### What the task requires
What you give back should be exactly the opening lines of the data, ending with the line that contains "big-endian order, and" and including it.

### Given data

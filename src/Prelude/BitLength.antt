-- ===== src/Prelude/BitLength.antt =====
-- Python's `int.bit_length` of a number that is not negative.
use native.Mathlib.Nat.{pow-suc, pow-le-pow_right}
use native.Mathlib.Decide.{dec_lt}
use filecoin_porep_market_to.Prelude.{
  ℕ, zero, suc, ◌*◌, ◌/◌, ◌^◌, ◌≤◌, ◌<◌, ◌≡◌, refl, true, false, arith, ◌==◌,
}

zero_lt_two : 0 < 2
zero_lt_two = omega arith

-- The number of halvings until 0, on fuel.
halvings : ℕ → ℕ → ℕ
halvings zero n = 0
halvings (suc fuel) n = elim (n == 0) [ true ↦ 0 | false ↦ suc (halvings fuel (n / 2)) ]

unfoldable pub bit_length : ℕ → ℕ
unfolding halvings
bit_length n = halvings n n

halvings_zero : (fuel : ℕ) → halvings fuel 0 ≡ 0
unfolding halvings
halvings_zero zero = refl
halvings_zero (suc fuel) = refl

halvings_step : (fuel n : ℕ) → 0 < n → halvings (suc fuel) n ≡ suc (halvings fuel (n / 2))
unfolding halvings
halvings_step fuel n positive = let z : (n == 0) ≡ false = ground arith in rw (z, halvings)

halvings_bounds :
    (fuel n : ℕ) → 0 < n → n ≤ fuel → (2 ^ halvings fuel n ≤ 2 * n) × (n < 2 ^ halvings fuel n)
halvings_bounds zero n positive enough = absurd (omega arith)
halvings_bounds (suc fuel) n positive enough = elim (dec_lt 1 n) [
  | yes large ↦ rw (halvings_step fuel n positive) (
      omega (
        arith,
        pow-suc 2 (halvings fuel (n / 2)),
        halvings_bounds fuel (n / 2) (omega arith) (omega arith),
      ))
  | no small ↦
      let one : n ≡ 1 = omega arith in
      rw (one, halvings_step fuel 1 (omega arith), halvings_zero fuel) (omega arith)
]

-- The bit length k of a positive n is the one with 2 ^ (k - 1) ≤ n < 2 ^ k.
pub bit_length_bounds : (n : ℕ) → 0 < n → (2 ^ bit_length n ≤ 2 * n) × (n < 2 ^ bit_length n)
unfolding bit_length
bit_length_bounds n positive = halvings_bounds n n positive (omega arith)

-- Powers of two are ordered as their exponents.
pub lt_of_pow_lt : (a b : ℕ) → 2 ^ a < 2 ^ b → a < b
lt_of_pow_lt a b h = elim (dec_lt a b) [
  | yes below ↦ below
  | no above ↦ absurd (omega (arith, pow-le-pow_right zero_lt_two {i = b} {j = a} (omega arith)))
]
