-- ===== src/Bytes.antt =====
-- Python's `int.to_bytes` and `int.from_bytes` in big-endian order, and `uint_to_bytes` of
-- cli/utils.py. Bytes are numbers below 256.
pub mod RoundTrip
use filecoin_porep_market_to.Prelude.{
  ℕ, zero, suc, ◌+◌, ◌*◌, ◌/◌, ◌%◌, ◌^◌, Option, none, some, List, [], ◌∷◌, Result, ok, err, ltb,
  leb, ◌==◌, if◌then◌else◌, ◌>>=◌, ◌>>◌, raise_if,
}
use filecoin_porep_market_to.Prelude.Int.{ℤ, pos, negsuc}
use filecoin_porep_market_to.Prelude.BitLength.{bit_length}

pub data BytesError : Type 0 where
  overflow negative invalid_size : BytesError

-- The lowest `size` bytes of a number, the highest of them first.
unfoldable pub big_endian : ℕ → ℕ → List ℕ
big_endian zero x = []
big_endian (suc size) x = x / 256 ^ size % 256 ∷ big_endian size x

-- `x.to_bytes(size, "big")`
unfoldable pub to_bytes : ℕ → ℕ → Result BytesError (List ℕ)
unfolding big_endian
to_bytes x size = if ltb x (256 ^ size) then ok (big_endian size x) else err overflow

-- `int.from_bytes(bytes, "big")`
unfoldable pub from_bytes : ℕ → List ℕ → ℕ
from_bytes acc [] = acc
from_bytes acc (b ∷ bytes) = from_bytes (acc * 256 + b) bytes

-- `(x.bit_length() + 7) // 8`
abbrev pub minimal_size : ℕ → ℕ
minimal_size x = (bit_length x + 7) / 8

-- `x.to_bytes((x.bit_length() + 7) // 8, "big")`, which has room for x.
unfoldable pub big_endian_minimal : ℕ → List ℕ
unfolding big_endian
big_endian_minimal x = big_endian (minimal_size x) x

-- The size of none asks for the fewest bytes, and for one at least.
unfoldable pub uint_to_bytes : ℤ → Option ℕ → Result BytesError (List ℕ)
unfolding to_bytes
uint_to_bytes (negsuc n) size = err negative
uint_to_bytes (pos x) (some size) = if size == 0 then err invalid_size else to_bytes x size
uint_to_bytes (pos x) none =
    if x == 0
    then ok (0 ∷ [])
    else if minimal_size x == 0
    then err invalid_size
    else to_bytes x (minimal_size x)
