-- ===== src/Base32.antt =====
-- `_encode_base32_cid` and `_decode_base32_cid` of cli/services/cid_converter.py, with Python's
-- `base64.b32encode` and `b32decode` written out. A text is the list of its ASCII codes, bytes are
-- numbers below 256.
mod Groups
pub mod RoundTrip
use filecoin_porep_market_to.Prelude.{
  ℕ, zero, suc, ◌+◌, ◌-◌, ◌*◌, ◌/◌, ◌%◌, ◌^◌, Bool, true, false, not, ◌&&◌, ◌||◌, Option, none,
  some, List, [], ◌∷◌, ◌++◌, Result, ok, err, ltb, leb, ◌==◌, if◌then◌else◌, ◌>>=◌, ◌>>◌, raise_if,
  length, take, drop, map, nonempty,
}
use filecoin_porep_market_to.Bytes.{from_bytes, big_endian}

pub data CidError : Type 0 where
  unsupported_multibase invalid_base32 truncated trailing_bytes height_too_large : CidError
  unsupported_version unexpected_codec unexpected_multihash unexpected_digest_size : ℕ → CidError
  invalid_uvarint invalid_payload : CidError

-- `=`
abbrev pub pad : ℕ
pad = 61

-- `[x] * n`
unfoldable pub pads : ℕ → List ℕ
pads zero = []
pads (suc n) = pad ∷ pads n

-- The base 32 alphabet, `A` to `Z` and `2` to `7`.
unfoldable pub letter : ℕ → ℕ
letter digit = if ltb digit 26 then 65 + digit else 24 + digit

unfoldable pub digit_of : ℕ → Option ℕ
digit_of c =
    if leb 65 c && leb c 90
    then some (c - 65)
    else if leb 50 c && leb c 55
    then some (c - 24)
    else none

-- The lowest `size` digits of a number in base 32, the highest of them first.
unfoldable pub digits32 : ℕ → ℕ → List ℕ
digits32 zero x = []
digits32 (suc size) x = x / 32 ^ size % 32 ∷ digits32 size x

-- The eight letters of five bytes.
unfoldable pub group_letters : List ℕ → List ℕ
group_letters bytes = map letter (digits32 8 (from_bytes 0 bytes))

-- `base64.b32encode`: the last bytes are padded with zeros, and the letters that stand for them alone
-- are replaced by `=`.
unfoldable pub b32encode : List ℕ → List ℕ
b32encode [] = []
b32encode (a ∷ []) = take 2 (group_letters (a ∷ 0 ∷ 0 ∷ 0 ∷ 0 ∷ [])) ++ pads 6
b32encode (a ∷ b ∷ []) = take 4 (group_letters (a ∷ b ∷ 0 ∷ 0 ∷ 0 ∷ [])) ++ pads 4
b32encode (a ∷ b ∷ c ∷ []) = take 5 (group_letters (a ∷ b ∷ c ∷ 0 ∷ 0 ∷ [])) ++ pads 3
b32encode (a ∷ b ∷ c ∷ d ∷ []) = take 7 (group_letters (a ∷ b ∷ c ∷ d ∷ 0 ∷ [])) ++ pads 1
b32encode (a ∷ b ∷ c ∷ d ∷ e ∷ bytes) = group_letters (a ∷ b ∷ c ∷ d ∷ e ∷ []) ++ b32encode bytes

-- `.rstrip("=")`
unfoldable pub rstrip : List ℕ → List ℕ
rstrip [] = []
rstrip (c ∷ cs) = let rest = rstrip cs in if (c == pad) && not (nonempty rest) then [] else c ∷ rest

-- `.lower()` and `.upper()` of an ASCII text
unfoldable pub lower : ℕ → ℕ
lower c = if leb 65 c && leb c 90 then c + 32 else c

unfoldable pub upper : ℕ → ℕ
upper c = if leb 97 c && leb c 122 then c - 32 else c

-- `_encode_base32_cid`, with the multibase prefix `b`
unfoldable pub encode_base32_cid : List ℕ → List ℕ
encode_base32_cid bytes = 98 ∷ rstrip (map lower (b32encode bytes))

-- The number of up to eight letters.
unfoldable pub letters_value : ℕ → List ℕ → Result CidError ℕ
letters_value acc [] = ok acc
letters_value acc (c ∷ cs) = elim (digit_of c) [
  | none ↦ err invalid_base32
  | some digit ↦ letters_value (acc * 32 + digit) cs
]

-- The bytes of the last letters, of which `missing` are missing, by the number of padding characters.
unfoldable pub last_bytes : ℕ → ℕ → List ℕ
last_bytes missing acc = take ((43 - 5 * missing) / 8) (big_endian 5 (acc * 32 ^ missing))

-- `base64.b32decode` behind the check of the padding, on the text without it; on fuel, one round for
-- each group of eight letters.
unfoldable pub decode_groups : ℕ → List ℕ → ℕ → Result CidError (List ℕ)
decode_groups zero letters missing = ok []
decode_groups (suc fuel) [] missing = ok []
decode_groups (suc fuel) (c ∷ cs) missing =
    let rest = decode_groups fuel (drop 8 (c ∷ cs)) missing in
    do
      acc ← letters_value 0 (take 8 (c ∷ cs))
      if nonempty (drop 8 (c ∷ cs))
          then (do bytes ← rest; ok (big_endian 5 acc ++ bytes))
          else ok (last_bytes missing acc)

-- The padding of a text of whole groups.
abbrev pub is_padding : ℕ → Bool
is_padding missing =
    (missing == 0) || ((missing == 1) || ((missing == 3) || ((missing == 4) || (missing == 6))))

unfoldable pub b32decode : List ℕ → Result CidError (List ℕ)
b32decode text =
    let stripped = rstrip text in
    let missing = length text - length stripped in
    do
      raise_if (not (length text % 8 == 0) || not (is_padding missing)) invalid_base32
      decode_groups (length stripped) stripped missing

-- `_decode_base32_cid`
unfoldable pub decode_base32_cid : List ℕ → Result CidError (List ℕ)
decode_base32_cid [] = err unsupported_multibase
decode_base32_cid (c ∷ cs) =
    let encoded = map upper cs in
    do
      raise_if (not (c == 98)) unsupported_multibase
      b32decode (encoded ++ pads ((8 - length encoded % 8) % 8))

### Solution
filename src/Prelude/BitLength.antt
-- ===== src/Prelude/BitLength.antt =====
-- Python's `int.bit_length` of a number that is not negative.
use native.Mathlib.Nat.{pow-suc, pow-le-pow_right}
use native.Mathlib.Decide.{dec_lt}
use filecoin_porep_market_to.Prelude.{
  ℕ, zero, suc, ◌*◌, ◌/◌, ◌^◌, ◌≤◌, ◌<◌, ◌≡◌, refl, true, false, arith, ◌==◌,
}

zero_lt_two : 0 < 2
zero_lt_two = omega arith

-- The number of halvings until 0, on fuel.
halvings : ℕ → ℕ → ℕ
halvings zero n = 0
halvings (suc fuel) n = elim (n == 0) [ true ↦ 0 | false ↦ suc (halvings fuel (n / 2)) ]

unfoldable pub bit_length : ℕ → ℕ
unfolding halvings
bit_length n = halvings n n

halvings_zero : (fuel : ℕ) → halvings fuel 0 ≡ 0
unfolding halvings
halvings_zero zero = refl
halvings_zero (suc fuel) = refl

halvings_step : (fuel n : ℕ) → 0 < n → halvings (suc fuel) n ≡ suc (halvings fuel (n / 2))
unfolding halvings
halvings_step fuel n positive = let z : (n == 0) ≡ false = ground arith in rw (z, halvings)

halvings_bounds :
    (fuel n : ℕ) → 0 < n → n ≤ fuel → (2 ^ halvings fuel n ≤ 2 * n) × (n < 2 ^ halvings fuel n)
halvings_bounds zero n positive enough = absurd (omega arith)
halvings_bounds (suc fuel) n positive enough = elim (dec_lt 1 n) [
  | yes large ↦ rw (halvings_step fuel n positive) (
      omega (
        arith,
        pow-suc 2 (halvings fuel (n / 2)),
        halvings_bounds fuel (n / 2) (omega arith) (omega arith),
      ))
  | no small ↦
      let one : n ≡ 1 = omega arith in
      rw (one, halvings_step fuel 1 (omega arith), halvings_zero fuel) (omega arith)
]

-- The bit length k of a positive n is the one with 2 ^ (k - 1) ≤ n < 2 ^ k.
pub bit_length_bounds : (n : ℕ) → 0 < n → (2 ^ bit_length n ≤ 2 * n) × (n < 2 ^ bit_length n)
unfolding bit_length
bit_length_bounds n positive = halvings_bounds n n positive (omega arith)

-- Powers of two are ordered as their exponents.
pub lt_of_pow_lt : (a b : ℕ) → 2 ^ a < 2 ^ b → a < b
lt_of_pow_lt a b h = elim (dec_lt a b) [
  | yes below ↦ below
  | no above ↦ absurd (omega (arith, pow-le-pow_right zero_lt_two {i = b} {j = a} (omega arith)))
]
-- ===== src/Bytes.antt =====
-- Python's `int.to_bytes` and `int.from_bytes` in big-endian order, and `uint_to_bytes` of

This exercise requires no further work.